22-Aug-2003 It's priced to match the 9800 Pro. But can it beat the ATI kingpin? No doubt about it, the MSI card is a work of art - a wide tablet of copper, fashioned into elegant ridges and swirls, sandwiches the board on both sides. And like the 3D Blaster 5 reviewed below, it's unnaturally quiet - your PSU and hard drive are likely to be more vociferous.
Unlike the 256Mb Ultra, the vanilla version is set at a 400MHz core frequency and has 128Mb of DDR memory. Non-Ultra models normally use an 800MHz memory frequency (ie 400MHz DDR) rather than the 850MHz here - I guess this is MSI playing with the throttle, because as the performance chart shows, the card is more than capable of taking the heat. Clocked up, it can be made to match the impressive performance of the Ultra in some benchmarks.

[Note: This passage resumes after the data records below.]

-- ===== src/Blacklist.antt =====
-- internal/blacklist/blacklist.go: the ledger of proven violations. An identity is kept as its bytes,
-- where the code keeps their hexadecimal text. A time is a number of nanoseconds. What the ledger's
-- file holds is an argument, and `none` where it cannot be read; writing it is left out. The lock
-- makes each method one step. A nil ledger is `none`.
pub mod Flags
use freens.Prelude.{
  ℕ, ◌+◌, ◌-◌, Bool, true, false, ◌&&◌, ◌||◌, not, ltb, ◌==◌, List, [], ◌∷◌, ◌++◌, length, drop,
  Bytes, Option, none, some, Result, ok, err, if◌then◌else◌,
}
use freens.Store.Entries.{lookup, insert, delete}

pub data Class : Type 0 where
  wrong_slice bad_envelope bad_pow reserved_claim : Class

abbrev pub default_ttl : ℕ
default_ttl = 86400000000000

abbrev pub max_violations_per_entry : ℕ
max_violations_per_entry = 32

abbrev pub node_id_len : ℕ
node_id_len = 32

-- The detail is text for the log.
pub record Violation : Type 0 where
  pub class : Class
  pub at : ℕ
  pub proof : Option Bytes

pub record Entry : Type 0 where
  pub violations : List Violation
  pub flagged_at : ℕ
  pub expires_at : ℕ

-- The path is only asked whether it is empty.
pub record Ledger : Type 0 where
  pub has_path : Bool
  pub ttl : ℕ
  pub entries : List (Bytes × Entry)

-- The rows of the file; a null among them is `none`.
abbrev pub Rows : Type 0
Rows = List (Option (Bytes × Entry))

-- The loops of Open and adoptFileLocked: `takes` tells whether a row that has not expired is taken.
unfoldable pub adopt :
    (Entry → Option Entry → Bool) → ℕ → Rows → List (Bytes × Entry) → List (Bytes × Entry)
adopt takes now [] m = m
adopt takes now (none ∷ rows) m = adopt takes now rows m
adopt takes now (some (id, e) ∷ rows) m =
    adopt takes now rows
      (if not (ltb e.expires_at now) && takes e (lookup id m) then insert id e m else m)

unfoldable pub outlives : Entry → Option Entry → Bool
outlives e none = true
outlives e (some cur) = ltb cur.expires_at e.expires_at

-- A file that cannot be read is the first run, one that is no JSON an error.
pub data File : Type 0 where
  missing corrupt : File
  rows : Rows → File

pub data LedgerError : Type 0 where
  empty_path corrupt_ledger : LedgerError

unfoldable pub open_ledger : Bytes → File → ℕ → Result LedgerError Ledger
unfolding adopt
open_ledger path file now =
    let l : Ledger = record { has_path = true; ttl = default_ttl; entries = [] } in
    if length path == 0 then err LedgerError.empty_path else (elim file [
      | missing ↦ ok l
      | corrupt ↦ err LedgerError.corrupt_ledger
      | rows rs ↦ ok (record l { entries = adopt (λ e cur. true) now rs [] })
    ])

unfoldable pub adopt_file : Ledger → File → ℕ → Ledger
unfolding adopt outlives
adopt_file l missing now = l
adopt_file l corrupt now = l
adopt_file l (rows rs) now =
    if l.has_path then record l { entries = adopt outlives now rs l.entries } else l

-- `e.Violations[len(e.Violations)-maxViolationsPerEntry:]` where there are more.
unfoldable pub most_recent : List Violation → List Violation
most_recent vs = drop (length vs - max_violations_per_entry) vs

abbrev pub violations_of : Option Entry → List Violation
violations_of none = []
violations_of (some e) = e.violations

module _ (sha256 : Bytes → Bytes) where
  unfoldable pub violation : Class → Bytes → ℕ → Violation
  violation class proof now = record {
    class = class;
    at = now;
    proof = if length proof == 0 then none else some (sha256 proof);
  }

  -- The error of a failed write does not change the result.
  unfoldable pub record_violation :
      Option Ledger → File → Bytes → Class → Bytes → ℕ → Option Ledger × Bool
  unfolding adopt_file most_recent violation
  record_violation none file id class proof now = (none, false)
  record_violation (some l) file id class proof now =
      if length id == node_id_len
      then (let l' = adopt_file l file now in
          (
            some (record l' {
              entries =
                  insert id
                    (record {
                      violations = most_recent (
                          violations_of (lookup id l'.entries) ++ (violation class proof now ∷ []));
                      flagged_at = now;
                      expires_at = now + l'.ttl;
                    })
                    l'.entries;
            }),
            true,
          ))
      else (some l, false)

unfoldable pub flagged_id : Ledger → Bytes → ℕ → Ledger × Bool
flagged_id l id now = elim (lookup id l.entries) [
  | none ↦ (l, false)
  | some e ↦
      if ltb e.expires_at now
      then (record l { entries = delete id l.entries }, false)
      else (l, true)
]

unfoldable pub flagged : Option Ledger → Bytes → ℕ → Option Ledger × Bool
unfolding flagged_id
flagged none id now = (none, false)
flagged (some l) id now =
    if length id == node_id_len
    then (let (l', found) = flagged_id l id now in (some l', found))
    else (some l, false)

-- What Entries leaves in the ledger; it returns the rows left, the oldest flag first.
unfoldable pub drop_expired : ℕ → List (Bytes × Entry) → List (Bytes × Entry)
drop_expired now [] = []
drop_expired now ((id, e) ∷ m) =
    if ltb e.expires_at now then drop_expired now m else (id, e) ∷ drop_expired now m

-- Remove, of a text that is the hexadecimal one of the identity.
unfoldable pub remove : Ledger → Bytes → Ledger × Bool
remove l id = elim (lookup id l.entries) [
  | none ↦ (l, false)
  | some e ↦ (record l { entries = delete id l.entries }, true)
]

Conclusion Standard or tweaked, the 5900 performs brilliantly at everyday resolutions. By that I mean if you use it to run the games you play now at 1024x768, the results are smoother than glass. In action games, high-polygon areas that would cause a lesser graphics engine to stall are dismissed with ease. The downside is that, when you crank up the quality and pixel count, it becomes somewhat asthmatic next to its Ultra relative or 9800 Pro. It's then that you have to ask, with the Radeon the same price and getting cheaper by the hour, why would you want this GeForce? If MSI stripped their card of its monolithic box, lost the 10 games, 20 utilities and Adobe Photoshop, and dropped the price by 50, it'd be a best buy winner.